I unfortunately am also rather irritable. I’m trying very hard not to take it out on my son but he is getting on my nerves big time. Everyone is. There is rage simmering beneath the surface that I am trying to contain. Mostly directed toward my husband. Seriously, if he were to come alive right now and walk into this room I would beat the absolute hell out of him. I hate him, I ****ing HATE him. I never want to see his face, I never want to talk about him, I never want him mentioned ever the **** again. Unfortunately I don’t want my son to know how I feel because I don’t want to influence his feelings toward his father. He’s been coming to me saying he misses his father more often these days. So we get his daddy journal, write to daddy, look at the photo album, etc. I tried to explain how daddy died. I don’t know if I’m doing this right. How can you do this right? This is why I’m so blindingly angry. I shouldn’t HAVE to do this. My stupid ****ing husband should have never taken those ****ing drugs the selfish ****ing ***hole.

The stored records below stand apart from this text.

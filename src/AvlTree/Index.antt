-- ===== src/AvlTree/Index.antt =====
-- random_access_list.hpp: `getIndex`, `getByIndex` and `go_to` of `avl_tree_stump`.
pub mod Laws
pub mod Steps
use garbage.Prelude.{
  ℕ, zero, suc, ◌+◌, Bool, [], ◌∷◌, Option, none, some, if◌then◌else◌, ltb, leb, ℤ, pos, negsuc,
  add_size, sub_size,
}
use garbage.AvlTree.Nodes.{
  Tree, leaf, node, left_of, right_of, Parents, Cursor, cursor_at, subtree, plug,
}
use garbage.AvlTree.Balance.{size}
use garbage.AvlTree.Walk.{forward, backward}

-- `maxLinearStepAmount`
abbrev pub max_linear_step_amount : ℕ
max_linear_step_amount = 2

module _ {ℓ} {A : Type ℓ} where
  -- The `leaf` clauses are dead: the source reads these of nodes.
  unfoldable pub left_subtree_size : Tree A → ℕ
  unfolding size
  left_subtree_size leaf = 0
  left_subtree_size (node x h s l r) = size l

  unfoldable pub right_subtree_size : Tree A → ℕ
  unfolding size
  right_subtree_size leaf = 0
  right_subtree_size (node x h s l r) = sub_size (sub_size s (size l)) 1

  unfoldable pub right_path_size : Tree A → ℕ
  unfolding right_subtree_size
  right_path_size leaf = 0
  right_path_size (node x h s l r) =
      sub_size (right_subtree_size (node x h s l r)) (right_subtree_size r)

  unfoldable pub left_path_size : Tree A → ℕ
  unfolding left_subtree_size
  left_path_size leaf = 0
  left_path_size (node x h s leaf r) = 0
  left_path_size (node x h s (node lx lh ls ll lr) r) =
      sub_size (left_subtree_size (node x h s (node lx lh ls ll lr) r))
        (left_subtree_size (node lx lh ls ll lr))

  -- The loop up to the root, with `index_accumulator`, which may go below 0 and wrap.
  unfoldable pub get_index_from : Tree A → Parents A → ℕ → ℕ
  unfolding left_subtree_size left_path_size right_path_size
  get_index_from t [] acc = sub_size (left_subtree_size t) acc
  get_index_from t (left_of x h s r ∷ fs) acc =
      get_index_from (node x h s t r) fs (add_size acc (left_path_size (node x h s t r)))
  get_index_from t (right_of x h s l ∷ fs) acc =
      get_index_from (node x h s l t) fs (sub_size acc (right_path_size (node x h s l t)))

  unfoldable pub get_index : Cursor A → ℕ
  unfolding get_index_from
  get_index c = get_index_from (subtree c) c.parents 0

  -- The loop down, with `left_index_border`.
  unfoldable pub get_by_index_from : ℕ → ℕ → Tree A → Parents A → Option (Cursor A)
  unfolding size
  get_by_index_from target border leaf fs = none
  get_by_index_from target border (node x h s l r) fs =
      let current = add_size border (size l) in
      let on_left = get_by_index_from target border l (left_of x h s r ∷ fs) in
      let on_right =
        get_by_index_from target (add_size (add_size border (size l)) 1) r
          (right_of x h s l ∷ fs) in
      if ltb target current
      then on_left
      else (if ltb current target then on_right else some (cursor_at x h s l r fs))

  unfoldable pub get_by_index : Tree A → ℕ → Option (Cursor A)
  unfolding size get_by_index_from
  get_by_index leaf target = none
  get_by_index (node x h s l r) target =
      if leb s target then none else get_by_index_from target 0 (node x h s l r) []

  -- `applyNTimes` of `forward` or `backward`: NULL stays NULL.
  unfoldable pub apply_n_times : (Cursor A → Option (Cursor A)) → ℕ → Cursor A → Option (Cursor A)
  apply_n_times f zero c = some c
  apply_n_times f (suc n) c = elim (f c) [ none ↦ none | some d ↦ apply_n_times f n d ]

  unfoldable pub go_to : Cursor A → ℤ → Option (Cursor A)
  unfolding apply_n_times get_index get_by_index forward backward
  go_to c (pos n) =
      if leb n max_linear_step_amount
      then apply_n_times forward n c
      else get_by_index (plug (subtree c) c.parents) (add_size (get_index c) n)
  go_to c (negsuc n) =
      if leb (n + 1) max_linear_step_amount
      then apply_n_times backward (n + 1) c
      else get_by_index (plug (subtree c) c.parents) (sub_size (get_index c) (n + 1))

  -- `distance`, as a wrapped difference of indices.
  unfoldable pub distance : Cursor A → Cursor A → ℕ
  unfolding get_index
  distance left right = sub_size (get_index right) (get_index left)
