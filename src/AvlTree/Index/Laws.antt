-- ===== src/AvlTree/Index/Laws.antt =====
-- In a measured tree `getIndex` and `getByIndex` count the nodes before a node.
use garbage.Prelude.{
  ℕ, ◌+◌, ◌-◌, false, true, Option, add_size, leb, ◌%◌, ◌≤◌, ◌<◌, ◌≡◌, refl, ap₂, sub_size, ◌∙◌,
  subst, [], ◌∷◌, ◌++◌, none, some, arith, length, length-append, size_mod, inl, inr, Bool-cases,
  ltb,
}
use garbage.AvlTree.Nodes.{
  Tree, leaf, node, left_of, right_of, Parents, Cursor, cursor_at, subtree, plug, to_list,
  before_parents, before,
}
use garbage.AvlTree.Balance.Caches.{
  IsMeasured, real_size, real_size-plug, real_size-length, size-eq,
}
use garbage.AvlTree.Balance.{size}
use garbage.AvlTree.Edit.Caches.{IsMeasured-plug}
use garbage.AvlTree.Walk.Laws.{root}
use garbage.AvlTree.Index.{
  left_subtree_size, right_subtree_size, left_path_size, right_path_size, get_index_from, get_index,
  get_by_index_from, get_by_index, distance,
}

module _ {ℓ} {A : Type ℓ} where
  -- The number of nodes before the node at the top of `t`.
  abbrev index_of : Tree A → Parents A → ℕ
  index_of leaf fs = 0
  index_of (node x h s l r) fs = length (before_parents fs) + real_size l

  get_index_from-eq :
      (x : A) (h s : ℕ) (l r : Tree A) (fs : Parents A) (acc : ℕ)
      → IsMeasured (node x h s l r)
      → IsMeasured (plug (node x h s l r) fs)
      → real_size (plug (node x h s l r) fs) < size_mod
      → acc < size_mod
      → get_index_from (node x h s l r) fs acc
        ≡ (index_of (node x h s l r) fs + size_mod - acc) % size_mod
  unfolding get_index_from left_subtree_size left_path_size right_path_size right_subtree_size
  get_index_from-eq x h s l r [] acc m k b a = omega (arith, size-eq l m.2)
  get_index_from-eq x h s l r (left_of px ph ps pr ∷ fs) acc m k b a =
      let t = node x h s l r in
      let up = IsMeasured-plug (node px ph ps t pr) fs k in
      get_index_from-eq px ph ps t pr fs _ up.0 k b (omega arith)
      ∙ omega (arith, size-eq l m.2, m.1, real_size-plug (node px ph ps t pr) fs)
  get_index_from-eq x h s l r (right_of px ph ps pl ∷ fs) acc m k b a =
      let t = node x h s l r in
      let up = IsMeasured-plug (node px ph ps pl t) fs k in
      get_index_from-eq px ph ps pl t fs _ up.0 k b (omega arith)
      ∙ omega (
        arith,
        size-eq l m.2,
        m.1,
        size-eq pl up.0.2,
        up.0.1,
        real_size-plug (node px ph ps pl t) fs,
        real_size-length pl,
        length-append (before_parents fs) (to_list pl),
        length-append (before_parents fs ++ to_list pl) (px ∷ []),
      )

  -- In a measured tree with fewer than 2^64 nodes, getIndex is the number of nodes before the
  -- node, although its accumulator may wrap below 0.
  pub get_index-eq :
      (c : Cursor A)
      → IsMeasured (root c)
      → real_size (root c) < size_mod
      → get_index c ≡ length (before c)
  unfolding get_index
  get_index-eq c m b =
      let at = IsMeasured-plug (subtree c) c.parents m in
      get_index_from-eq c.item c.height c.size c.left c.right c.parents 0 at.0 m b (omega arith)
      ∙ omega (
        arith,
        real_size-plug (subtree c) c.parents,
        real_size-length c.left,
        length-append (before_parents c.parents) (to_list c.left),
      )

  -- What a search for `target` in the subtree `t` at the end of `fs` has to find.
  abbrev Finds : ℕ → Tree A → Parents A → Option (Cursor A) → Type ℓ
  Finds target t fs o =
      (c : Cursor A) × (o ≡ some c) × (root c ≡ plug t fs) × (length (before c) ≡ target)

  get_by_index_from-Finds :
      (target border : ℕ) (t : Tree A) (fs : Parents A)
      → IsMeasured t
      → border ≡ length (before_parents fs)
      → border ≤ target
      → target < border + real_size t
      → border + real_size t < size_mod
      → Finds target t fs (get_by_index_from target border t fs)
  unfolding get_by_index_from
  get_by_index_from-Finds target border leaf fs m e lo hi b = absurd (omega arith)
  get_by_index_from-Finds target border (node x h s l r) fs m e lo hi b =
      let sl = size-eq l m.2 in
      let rest =
        get_by_index_from-Finds target (add_size (add_size border (size l)) 1) r
          (right_of x h s l ∷ fs) m.3 in
      let counted = length-append (before_parents fs) (to_list l) in
      let counted_all = length-append (before_parents fs ++ to_list l) (x ∷ []) in
      let nodes = real_size-length l in
      elim (Bool-cases (ltb target (add_size border (size l)))) [
        | inl smaller ↦ rw smaller (
            get_by_index_from-Finds target border l (left_of x h s r ∷ fs) m.2 e lo (ground arith)
              (omega arith))
        | inr not_smaller ↦ elim (Bool-cases (ltb (add_size border (size l)) target)) [
          | inl larger ↦
              rw (not_smaller, larger)
                (rest (omega arith) (ground arith) (ground arith) (omega arith))
          | inr not_larger ↦
              rw (not_smaller, not_larger) (cursor_at x h s l r fs, refl, refl, ground arith)
        ]
      ]

  -- In a measured tree with fewer than 2^64 nodes, getByIndex of a number below the node count
  -- finds the node of that tree with that many nodes before it.
  pub get_by_index-Finds :
      (t : Tree A) (target : ℕ)
      → IsMeasured t
      → real_size t < size_mod
      → target < real_size t
      → (c : Cursor A) × (get_by_index t target ≡ some c)
        × (root c ≡ t)
        × (length (before c) ≡ target)
  unfolding get_by_index
  get_by_index-Finds leaf target m b k = absurd (omega arith)
  get_by_index-Finds (node x h s l r) target m b k =
      let off : leb s target ≡ false = ground arith in
      rw off (
        get_by_index_from-Finds target 0 (node x h s l r) [] m refl (omega arith) (omega arith)
          (omega arith))

  -- It gives NULL if there are too few nodes.
  pub get_by_index_beyond :
      (t : Tree A) (target : ℕ) → IsMeasured t → real_size t ≤ target → get_by_index t target ≡ none
  unfolding get_by_index
  get_by_index_beyond leaf target m k = refl
  get_by_index_beyond (node x h s l r) target m k =
      let off : leb s target ≡ true = ground arith in rw off

  pub before-lt : (c : Cursor A) → length (before c) < real_size (root c)
  before-lt c = omega (
    arith,
    real_size-plug (subtree c) c.parents,
    real_size-length c.left,
    length-append (before_parents c.parents) (to_list c.left),
  )

  -- `distance` is the difference of the numbers of nodes before the two, modulo 2^64.
  pub distance-eq :
      (c d : Cursor A)
      → root c ≡ root d
      → IsMeasured (root c)
      → real_size (root c) < size_mod
      → distance c d ≡ sub_size (length (before d)) (length (before c))
  unfolding distance
  distance-eq c d e m b =
      ap₂ sub_size (get_index-eq d (subst IsMeasured e m) (subst (λ t. real_size t < size_mod) e b))
        (get_index-eq c m b)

But anyway. I’m sure this has something to do with my current depression just as much as work does. But I’m so tired. I just want to go to sleep forever. I don’t want to deal with everything I have to deal with. Medication is not going to help me this time. This is entirely situational. I’m going to be miserable until June 21. If I can even make it that long without losing it.

Sigh.
__________________
Of course it is happening inside your head. But why on earth should that mean that it is not real?
-Albus Dumbledore

That’s life. If nothing else, that is life. It’s real. Sometimes it
f—-ing hurts. But it’s sort of all we have.